-- PROBLEM DETAILS --
Everything from the line containing "pub mapping : Option MappingResult" through the line containing "present_parts i _ _ = err missing_parts" in the listing below should be copied exactly, and nothing more.

* * * * * * * * *

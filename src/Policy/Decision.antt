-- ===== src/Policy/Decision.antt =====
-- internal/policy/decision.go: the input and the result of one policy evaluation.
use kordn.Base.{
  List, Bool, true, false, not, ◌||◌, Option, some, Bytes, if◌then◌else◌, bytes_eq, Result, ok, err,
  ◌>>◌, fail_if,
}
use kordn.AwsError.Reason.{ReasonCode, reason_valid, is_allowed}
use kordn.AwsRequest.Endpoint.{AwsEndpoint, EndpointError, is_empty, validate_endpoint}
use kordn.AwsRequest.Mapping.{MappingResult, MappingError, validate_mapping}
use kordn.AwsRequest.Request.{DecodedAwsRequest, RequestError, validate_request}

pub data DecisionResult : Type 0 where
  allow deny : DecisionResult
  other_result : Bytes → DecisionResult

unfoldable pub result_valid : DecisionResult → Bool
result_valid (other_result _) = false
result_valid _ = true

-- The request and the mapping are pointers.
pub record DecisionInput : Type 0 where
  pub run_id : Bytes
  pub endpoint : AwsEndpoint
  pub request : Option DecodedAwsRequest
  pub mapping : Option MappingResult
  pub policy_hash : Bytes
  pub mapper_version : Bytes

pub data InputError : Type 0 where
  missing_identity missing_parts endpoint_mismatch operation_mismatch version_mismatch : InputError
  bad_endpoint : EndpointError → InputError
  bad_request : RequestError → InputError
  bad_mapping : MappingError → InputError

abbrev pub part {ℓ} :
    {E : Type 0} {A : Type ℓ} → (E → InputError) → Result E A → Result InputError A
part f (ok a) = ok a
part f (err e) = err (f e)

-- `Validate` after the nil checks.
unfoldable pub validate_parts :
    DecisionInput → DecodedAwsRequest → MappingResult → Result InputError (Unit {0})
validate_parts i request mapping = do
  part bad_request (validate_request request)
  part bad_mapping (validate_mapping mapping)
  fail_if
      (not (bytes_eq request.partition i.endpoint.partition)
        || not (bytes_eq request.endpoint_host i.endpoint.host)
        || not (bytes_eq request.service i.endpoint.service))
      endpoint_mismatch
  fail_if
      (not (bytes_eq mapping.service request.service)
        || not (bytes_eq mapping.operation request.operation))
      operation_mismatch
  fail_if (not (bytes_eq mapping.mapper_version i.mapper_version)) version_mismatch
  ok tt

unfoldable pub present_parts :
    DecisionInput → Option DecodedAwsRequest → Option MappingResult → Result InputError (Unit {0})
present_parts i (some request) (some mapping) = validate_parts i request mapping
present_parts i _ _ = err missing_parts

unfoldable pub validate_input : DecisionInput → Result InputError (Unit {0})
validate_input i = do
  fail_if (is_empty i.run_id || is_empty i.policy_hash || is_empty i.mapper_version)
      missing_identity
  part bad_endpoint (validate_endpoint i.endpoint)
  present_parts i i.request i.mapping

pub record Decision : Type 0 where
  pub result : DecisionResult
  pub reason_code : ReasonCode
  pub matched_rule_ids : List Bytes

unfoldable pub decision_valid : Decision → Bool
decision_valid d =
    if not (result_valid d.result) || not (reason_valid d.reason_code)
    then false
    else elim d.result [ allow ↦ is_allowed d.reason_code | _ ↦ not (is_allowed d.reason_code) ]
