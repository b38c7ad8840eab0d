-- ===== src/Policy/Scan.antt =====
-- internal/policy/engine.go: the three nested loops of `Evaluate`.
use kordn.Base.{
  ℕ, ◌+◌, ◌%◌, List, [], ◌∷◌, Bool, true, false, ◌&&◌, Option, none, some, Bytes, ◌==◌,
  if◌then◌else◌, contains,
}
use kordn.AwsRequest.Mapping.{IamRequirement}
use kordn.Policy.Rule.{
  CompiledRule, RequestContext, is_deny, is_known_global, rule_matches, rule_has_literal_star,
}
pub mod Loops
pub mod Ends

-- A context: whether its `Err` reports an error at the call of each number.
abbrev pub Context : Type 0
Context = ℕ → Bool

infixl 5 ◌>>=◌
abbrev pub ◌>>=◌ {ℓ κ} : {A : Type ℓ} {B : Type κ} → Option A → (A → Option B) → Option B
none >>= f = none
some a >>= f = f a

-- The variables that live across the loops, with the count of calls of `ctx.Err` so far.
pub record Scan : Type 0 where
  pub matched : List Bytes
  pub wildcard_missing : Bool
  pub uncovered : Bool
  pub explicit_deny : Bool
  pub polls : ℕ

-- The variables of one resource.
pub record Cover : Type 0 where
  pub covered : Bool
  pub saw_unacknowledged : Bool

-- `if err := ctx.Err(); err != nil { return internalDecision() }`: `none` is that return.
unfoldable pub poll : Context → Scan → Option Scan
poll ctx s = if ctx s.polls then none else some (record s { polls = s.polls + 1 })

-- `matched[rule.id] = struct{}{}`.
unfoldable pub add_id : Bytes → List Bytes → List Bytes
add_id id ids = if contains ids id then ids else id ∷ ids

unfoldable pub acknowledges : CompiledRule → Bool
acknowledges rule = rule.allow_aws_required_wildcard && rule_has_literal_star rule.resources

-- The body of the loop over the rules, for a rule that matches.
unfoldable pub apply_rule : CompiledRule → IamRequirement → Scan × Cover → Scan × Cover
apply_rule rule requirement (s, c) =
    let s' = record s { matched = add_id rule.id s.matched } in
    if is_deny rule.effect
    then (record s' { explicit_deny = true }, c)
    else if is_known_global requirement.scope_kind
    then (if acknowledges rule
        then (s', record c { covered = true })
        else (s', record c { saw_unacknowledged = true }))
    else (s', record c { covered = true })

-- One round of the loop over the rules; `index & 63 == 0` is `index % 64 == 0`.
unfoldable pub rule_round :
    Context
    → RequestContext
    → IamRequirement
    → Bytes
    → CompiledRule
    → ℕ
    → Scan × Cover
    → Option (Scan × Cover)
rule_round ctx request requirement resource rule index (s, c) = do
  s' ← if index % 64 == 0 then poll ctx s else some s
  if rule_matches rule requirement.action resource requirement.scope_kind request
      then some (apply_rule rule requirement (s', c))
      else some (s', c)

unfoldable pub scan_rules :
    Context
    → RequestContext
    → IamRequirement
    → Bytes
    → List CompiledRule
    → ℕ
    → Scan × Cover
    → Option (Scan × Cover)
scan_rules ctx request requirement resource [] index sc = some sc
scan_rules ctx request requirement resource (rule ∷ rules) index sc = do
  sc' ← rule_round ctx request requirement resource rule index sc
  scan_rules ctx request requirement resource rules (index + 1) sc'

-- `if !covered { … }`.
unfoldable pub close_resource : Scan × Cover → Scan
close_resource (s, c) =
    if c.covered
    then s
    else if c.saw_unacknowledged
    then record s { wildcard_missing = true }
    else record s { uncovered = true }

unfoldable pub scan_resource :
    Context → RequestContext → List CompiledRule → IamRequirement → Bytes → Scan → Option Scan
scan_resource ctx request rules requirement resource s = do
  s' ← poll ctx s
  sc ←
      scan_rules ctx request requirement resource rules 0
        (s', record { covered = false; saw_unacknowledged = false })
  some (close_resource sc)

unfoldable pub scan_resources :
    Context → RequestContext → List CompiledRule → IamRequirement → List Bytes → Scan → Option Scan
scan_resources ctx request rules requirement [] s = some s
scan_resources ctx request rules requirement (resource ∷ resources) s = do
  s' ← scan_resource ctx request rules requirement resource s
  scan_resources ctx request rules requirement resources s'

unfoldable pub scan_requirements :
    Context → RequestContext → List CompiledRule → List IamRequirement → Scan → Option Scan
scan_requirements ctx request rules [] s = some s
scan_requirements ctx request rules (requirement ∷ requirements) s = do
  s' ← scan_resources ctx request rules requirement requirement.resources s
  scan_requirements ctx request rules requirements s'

* * * * * * * * *

-- RESPONSE TO THE TASK --
  pub mapping : Option MappingResult
  pub policy_hash : Bytes
  pub mapper_version : Bytes

pub data InputError : Type 0 where
  missing_identity missing_parts endpoint_mismatch operation_mismatch version_mismatch : InputError
  bad_endpoint : EndpointError → InputError
  bad_request : RequestError → InputError
  bad_mapping : MappingError → InputError

abbrev pub part {ℓ} :
    {E : Type 0} {A : Type ℓ} → (E → InputError) → Result E A → Result InputError A
part f (ok a) = ok a
part f (err e) = err (f e)

-- `Validate` after the nil checks.
unfoldable pub validate_parts :
    DecisionInput → DecodedAwsRequest → MappingResult → Result InputError (Unit {0})
validate_parts i request mapping = do
  part bad_request (validate_request request)
  part bad_mapping (validate_mapping mapping)
  fail_if
      (not (bytes_eq request.partition i.endpoint.partition)
        || not (bytes_eq request.endpoint_host i.endpoint.host)
        || not (bytes_eq request.service i.endpoint.service))
      endpoint_mismatch
  fail_if
      (not (bytes_eq mapping.service request.service)
        || not (bytes_eq mapping.operation request.operation))
      operation_mismatch
  fail_if (not (bytes_eq mapping.mapper_version i.mapper_version)) version_mismatch
  ok tt

unfoldable pub present_parts :
    DecisionInput → Option DecodedAwsRequest → Option MappingResult → Result InputError (Unit {0})
present_parts i (some request) (some mapping) = validate_parts i request mapping
present_parts i _ _ = err missing_parts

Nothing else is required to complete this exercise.